An agent is a model that can perceive its environment and act on it using tools, often over multiple steps, to accomplish a goal. Where RAG adds information, agents take actions.
Goal → [Model plans] → [calls a Tool] → [observes result] → [plans again] → ... → DoneTools: the agent's hands
Tools extend what the model can do:
- Knowledge tools: search, retrieval, database queries (RAG can be a tool).
- Action tools: send email, call an API, run code, edit a file.
- Capability tools: calculators, code interpreters (offload what models are bad at, like exact math).
The agent's tool inventory defines its power and its risk.
Planning and reasoning
The hard part of an agent is planning: breaking a goal into steps, choosing tools, and adjusting based on results. Patterns include reasoning-then-acting loops (e.g., ReAct-style), reflection/self-correction, and plan-then-execute. More autonomy = more capability but less predictability.
Why agents are hard
- Errors compound.
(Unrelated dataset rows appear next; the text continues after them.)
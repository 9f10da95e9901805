-- ===== src/Examples/Camera.antt =====
-- The vision pipeline on fixed frames (src/vision/vision_pipeline.py, src/vision/main.py).
use aot_drone.Common.{ℕ, ◌≡◌, ◌≤◌, refl, Bool, true, false, Option, none, some, List, [], ◌∷◌, ok}
use aot_drone.Common.Int.{pos, ltb_ℤ, ◌*ℤ◌, ◌-ℤ◌}
use aot_drone.Runtime.Micros.{
  num_of_int, Num, nan, num, micros, micros-Laws, le_num, lt_num, decimal_num, scale,
}
use aot_drone.Json.{object}
use aot_drone.Backend.VisSchema.{validate_vis_message}
use aot_drone.Vision.Types.{
  normalize_bbox_xywh, no_target, tracking, searching, PixelBbox, Detection,
}
use aot_drone.Vision.BoxSelect.{score_box, pick_best_box}
use aot_drone.Vision.BoxSelect.Best.{IsChoice, pick_best_box_lem}
use aot_drone.Vision.Payload.{build_vis_payload}
use aot_drone.Vision.Payload.Valid.{build_vis_payload_accepted}
use aot_drone.Vision.Pipeline.Config.{Config}
use aot_drone.Vision.Pipeline.Config.Valid.{IsValid}
use aot_drone.Vision.Pipeline.Defs.{
  should_detect, tracking_result, TrackerLike, TrackerResult, Pipeline, new_pipeline,
}
use aot_drone.Vision.Pipeline.Frame.{process_frame}
use aot_drone.Vision.Pipeline.Invariant.{Inv, new_pipeline-Inv, process_frame-Inv}
use aot_drone.Vision.Pipeline.Results.{process_frame-Fits, Agrees, ◌⟶◌}
use aot_drone.Vision.Pipeline.Total.{Ends, IsSize, process_frame_total}
use aot_drone.Vision.Pipeline.Runs.{FrameInput, run}
use aot_drone.Vision.Pipeline.Runs.Earliest.{lock_needs_frames}
use aot_drone.Vision.Pipeline.Blind.GiveUp.{searching_gives_up}
use aot_drone.Vision.Pipeline.Blind.Coast.{IsDecayOf, coasting_decays}

abbrev still_update :
    Option (PixelBbox Num) → Bool × Option (PixelBbox Num) × Option (PixelBbox Num)
still_update none = (false, none, none)
still_update (some b) = (true, some b, some b)

-- a tracker that says the target stays where it was
abbrev still : TrackerLike Num
still = record {
  Frame = ℕ;
  Tracker = Option (PixelBbox Num);
  initialize = λ t frame b. ok (true, some b);
  update = λ t frame. ok (still_update t);
  reset = λ t. none;
}

abbrev cfg : Config Num
cfg = record {
  detect_hold_n = pos 1;
  search_n = pos 2;
  detect_every_n = pos 1;
  desired_cx = num (pos 500000);
  desired_cy = num (pos 500000);
  target_detected_grace_frames = pos 1;
  tracker_reinit_iou = num (pos 500000);
  tracker_only_conf_decay = num (pos 950000);
  tracker_only_conf_floor = num (pos 500000);
}

cfg-IsValid : IsValid micros cfg
unfolding le_num lt_num decimal_num scale ◌*ℤ◌
cfg-IsValid = record {
  hold_nonneg = refl;
  search_nonneg = refl;
  every_pos = refl;
  grace_nonneg = refl;
  decay_pos = refl;
  decay_le_one = refl;
  floor_in = (refl, refl);
}

abbrev person : Detection Num
person = record {
  bbox = record {
    x = num (pos 300000000);
    y = num (pos 200000000);
    w = num (pos 40000000);
    h = num (pos 80000000);
  };
  confidence = num (pos 900000);
  track_id = pos 0;
}

abbrev saw : List (Detection Num) → FrameInput Num ℕ
saw ds = record { frame = 0; frame_id = pos 1; img_w = pos 640; img_h = pos 480; detections = ds }

abbrev start : Pipeline Num (Option (PixelBbox Num))
start = new_pipeline micros still none

chosen :
    (best : Option (Detection Num)) × (pick_best_box micros
        (pos 640)
        (pos 480)
        (num (pos 500000))
        (num (pos 500000))
        (person ∷ person ∷ [])
      ≡ ok best)
unfolding pick_best_box score_box num_of_int
chosen = (_, refl)

pick_best_box_lem_example :
    IsChoice micros
      (pos 640)
      (pos 480)
      (num (pos 500000))
      (num (pos 500000))
      (person ∷ person ∷ [])
      chosen.0
pick_best_box_lem_example =
    pick_best_box_lem micros (pos 640) (pos 480) (num (pos 500000)) (num (pos 500000)) micros-Laws
      (person ∷ person ∷ []) chosen.0 chosen.1

-- seen twice: the target is confirmed
locked :
    (s : Pipeline Num (Option (PixelBbox Num))) × (run micros still cfg start
        (saw (person ∷ []) ∷ saw (person ∷ []) ∷ [])
      ≡ ok s)
    × (s.state ≡ tracking)
unfolding run process_frame pick_best_box score_box num_of_int tracking_result normalize_bbox_xywh
    should_detect ◌-ℤ◌
locked = (_, refl, refl)

lock_needs_frames_example : (ltb_ℤ (pos 1) (pos 2) ≡ true) × (2 ≤ 2)
lock_needs_frames_example =
    lock_needs_frames micros still cfg none (saw (person ∷ []) ∷ saw (person ∷ []) ∷ []) locked.1
      locked.2

first_frame :
    (r : TrackerResult Num) × (s : Pipeline Num (Option (PixelBbox Num))) × (process_frame micros
        still cfg start 0
        (pos 1)
        (pos 640)
        (pos 480)
        (person ∷ [])
      ≡ ok (r, s))
unfolding process_frame pick_best_box score_box num_of_int should_detect ◌-ℤ◌
first_frame = (_, _, refl)

process_frame-Inv_example : Inv micros still cfg first_frame.1
process_frame-Inv_example =
    process_frame-Inv micros still cfg micros-Laws cfg-IsValid start 0 (pos 1) (pos 640) (pos 480)
      (person ∷ []) (new_pipeline-Inv micros still cfg micros-Laws cfg-IsValid none) first_frame.2

process_frame-Fits_example :
    (no_target ⟶ first_frame.1.state) × Agrees micros still cfg first_frame.0 first_frame.1
process_frame-Fits_example =
    process_frame-Fits micros still cfg micros-Laws start 0 (pos 1) (pos 640) (pos 480)
      (person ∷ []) first_frame.2

-- a search that has gone on for one frame
abbrev looking : Pipeline Num (Option (PixelBbox Num))
looking = record start { state = searching; search_counter = 1 }

searching_gives_up_example :
    (s : Pipeline Num (Option (PixelBbox Num))) × (run micros still cfg looking (saw [] ∷ [])
      ≡ ok s)
    × (s.state ≡ no_target)
searching_gives_up_example =
    searching_gives_up micros still cfg looking (saw []) [] (refl, tt) refl refl

-- a target that the detector stops seeing
abbrev following : Pipeline Num (Option (PixelBbox Num))
following = record start {
  state = tracking;
  tracker_active = true;
  last_tracker_bbox = some person.bbox;
  last_tracking_conf = num (pos 900000);
  tracker = some person.bbox;
}

coasted :
    (s : Pipeline Num (Option (PixelBbox Num))) × (run micros still cfg following
        (saw [] ∷ saw [] ∷ [])
      ≡ ok s)
    × (s.state ≡ tracking)
unfolding run process_frame pick_best_box num_of_int tracking_result normalize_bbox_xywh
    should_detect ◌-ℤ◌
coasted = (_, refl, refl)

conf_nonneg : le_num (decimal_num (pos 0) 0) (num (pos 900000)) ≡ true
unfolding le_num decimal_num scale ◌*ℤ◌
conf_nonneg = refl

coasting_decays_example : IsDecayOf micros still cfg (num (pos 900000)) coasted.0.last_tracking_conf
coasting_decays_example =
    coasting_decays micros still cfg micros-Laws cfg-IsValid following (saw [] ∷ saw [] ∷ [])
      (refl, (refl, tt)) conf_nonneg refl coasted.1 coasted.2

build_vis_payload_accepted_example :
    validate_vis_message micros (
      object (
        build_vis_payload micros
          (pos 3)
          (num (pos 0))
          tracking
          (record { cx = num (pos 700000); cy = nan; w = num (pos 100000); h = num (pos 100000) })
          nan))
    ≡ ok (
        build_vis_payload micros
          (pos 3)
          (num (pos 0))
          tracking
          (record { cx = num (pos 700000); cy = nan; w = num (pos 100000); h = num (pos 100000) })
          nan)
build_vis_payload_accepted_example =
    build_vis_payload_accepted micros micros-Laws (pos 3) (num (pos 0)) tracking
      (record { cx = num (pos 700000); cy = nan; w = num (pos 100000); h = num (pos 100000) }) nan

vga-IsSize : IsSize micros (pos 640) (pos 480)
unfolding num_of_int ◌*ℤ◌
vga-IsSize = record {
  w_pos = refl;
  h_pos = refl;
  width = num (pos 640000000);
  height = num (pos 480000000);
  area = num (pos 307200000000);
  of_w = refl;
  of_h = refl;
  of_area = refl;
}

process_frame_total_example :
    Ends micros
      (pos 640)
      (pos 480)
      vga-IsSize
      still
      cfg
      start.tracker
      0
      (process_frame micros still cfg start 0 (pos 1) (pos 640) (pos 480) (person ∷ []))
process_frame_total_example =
    process_frame_total micros (pos 640) (pos 480) vga-IsSize still cfg start 0 (pos 1)
      (person ∷ [])
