-- ===== src/Examples/Events.antt =====
-- The broadcaster of the gateway on fixed inputs (src/backend/broadcast.py).
use aot_drone.Backend.WsManager.Queues.{ManagerInv}
use aot_drone.Common.Dicts.{assign, find}
use aot_drone.Backend.WsManager.{broadcast, build_envelope, WsManager}
use aot_drone.Backend.Broadcast.Runs.{Run-BroadcasterInv}
use aot_drone.Common.Int.{◌*ℤ◌, pos, ◌-ℤ◌}
use aot_drone.Backend.State.Views.{get_latest_tel_with_meta}
use aot_drone.Backend.State.{new_state, SharedState}
use aot_drone.Runtime.Micros.{
  scale, decimal_num, le_num, quot, Num, div_ints, micros, num, both, lt_num,
}
use aot_drone.Common.{true, some, ◌∷◌, refl, arith, none, ◌≡◌, ok, []}
use aot_drone.Json.{get, int, end, field}
use aot_drone.Backend.Broadcast.Throttle.{
  is_warning, tel_updates, later, BroadcasterInv, connection_changes, is_event, times, here,
}
use aot_drone.Backend.Broadcast.{
  can_emit, broadcast_link_status, period_s, new_broadcaster, build_tel_update_data, emit_warning,
  on_tel_update, on_fc_connection_changed, Broadcaster, broadcast_tel_update, BroadcastSettings,
}

abbrev pub ten_per_s : BroadcastSettings Num
ten_per_s = record {
  tel_hz = num (pos 10000000);
  vis_hz = num (pos 10000000);
  link_hz = num (pos 2000000);
  vis_fresh_s = num (pos 250000);
  tel_fresh_s = num (pos 500000);
  cmd_timeout_s = num (pos 500000);
  cmd_hz_nominal = num (pos 50000000);
  tel_hz_nominal = num (pos 50000000);
  warning_min_interval_s = num (pos 2000000);
  link_status_extra_provider = none;
}

abbrev pub one_client : WsManager Num
one_client = record {
  queue_max = 2;
  clients = record { client_id = 1; queue = [] } ∷ [];
  next_client_id = 2;
  next_event_seq = 1;
}

one_client-ManagerInv : ManagerInv one_client
one_client-ManagerInv = record {
  room = omega arith;
  all_clients = (record { registered = omega arith; bounded = omega arith; numbered = tt }, tt);
  unique = (tt, tt);
}

abbrev with_tel : SharedState Num
with_tel = record (new_state micros 1) { latest_tel = some (field "seq" (int (pos 7)) end) }

broadcaster : (b : Broadcaster Num) × (new_broadcaster micros ten_per_s with_tel one_client ≡ ok b)
unfolding new_broadcaster le_num lt_num decimal_num scale ◌*ℤ◌
broadcaster = (_, refl)

-- two snapshots within a tenth of a second, and a connection between them
abbrev busy : Broadcaster Num
busy = on_tel_update micros ten_per_s end (num (pos 7050000)) (
    on_fc_connection_changed micros ten_per_s (num (pos 7010000)) (num (pos 7020000)) true
      (on_tel_update micros ten_per_s end (num (pos 7000000)) broadcaster.0))

-- the second snapshot was not broadcast
busy_times :
    (times (is_event "TEL_UPDATE") busy.sent ≡ num (pos 7000000) ∷ [])
    × (times (is_warning "fc_reconnected") busy.sent ≡ num (pos 7010000) ∷ [])
    × (times (is_event "LINK_STATUS") busy.sent ≡ num (pos 7020000) ∷ [])
unfolding broadcaster on_tel_update broadcast_tel_update on_fc_connection_changed emit_warning
    broadcast_link_status times broadcast build_envelope can_emit find assign period_s both ◌-ℤ◌
    div_ints quot le_num lt_num decimal_num scale ◌*ℤ◌ build_tel_update_data
    get_latest_tel_with_meta get
busy_times = (refl, refl, refl)

Run-BroadcasterInv_example : BroadcasterInv micros ten_per_s busy
Run-BroadcasterInv_example =
    Run-BroadcasterInv micros ten_per_s with_tel one_client one_client-ManagerInv broadcaster.1 (
      later
        (later (later here (tel_updates end (num (pos 7000000))))
          (connection_changes (num (pos 7010000)) (num (pos 7020000)) true))
        (tel_updates end (num (pos 7050000))))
A small mistake early can derail a long chain of steps.
- Cost & latency balloon with many model calls and tool round-trips.
- Security risk is higher: an agent that can act can do real damage, and is a juicy target for prompt injection (Ch 5).
- Evaluation is harder: you must judge the whole trajectory, not just a final string (did it pick the right tools? take safe actions? finish efficiently?).
Give agents the least power they need
The more an agent can do, the more it can break. Restrict tools, sandbox code execution, require approval for risky actions, and assume external content may try to hijack it.
Memory
Agents (and chat apps) need memory beyond the context window:
- Short-term: the current conversation/session.
- Long-term: persisted facts/history, often stored externally and retrieved (RAG-like) when relevant.
RAG vs. Agents, how to choose
| RAG | Agents | |
|---|---|---|
| Adds… | Information | Actions + information |
| Maturity | Production-proven | Emerging |
| Complexity | Lower | Higher |
| Cost/latency | Moderate | Higher (many calls) |
| Best for | "Answer using my knowledge" | "Accomplish a multi-step task" |
Start with RAG. Reach for agents when the task genuinely needs multi-step action and tool use.
Takeaways
- The real lever here is context: get the right info/capabilities to the model.
- RAG grounds answers in retrieved data, reliable, cheap, updatable. Retrieval quality is everything; use hybrid search + reranking.
- Agents let models act via tools in a loop, powerful but complex, costly, and riskier.
- Agents demand trajectory-level evaluation and strict security/least privilege.
- Default to RAG; escalate to agents only when the task truly requires action and planning.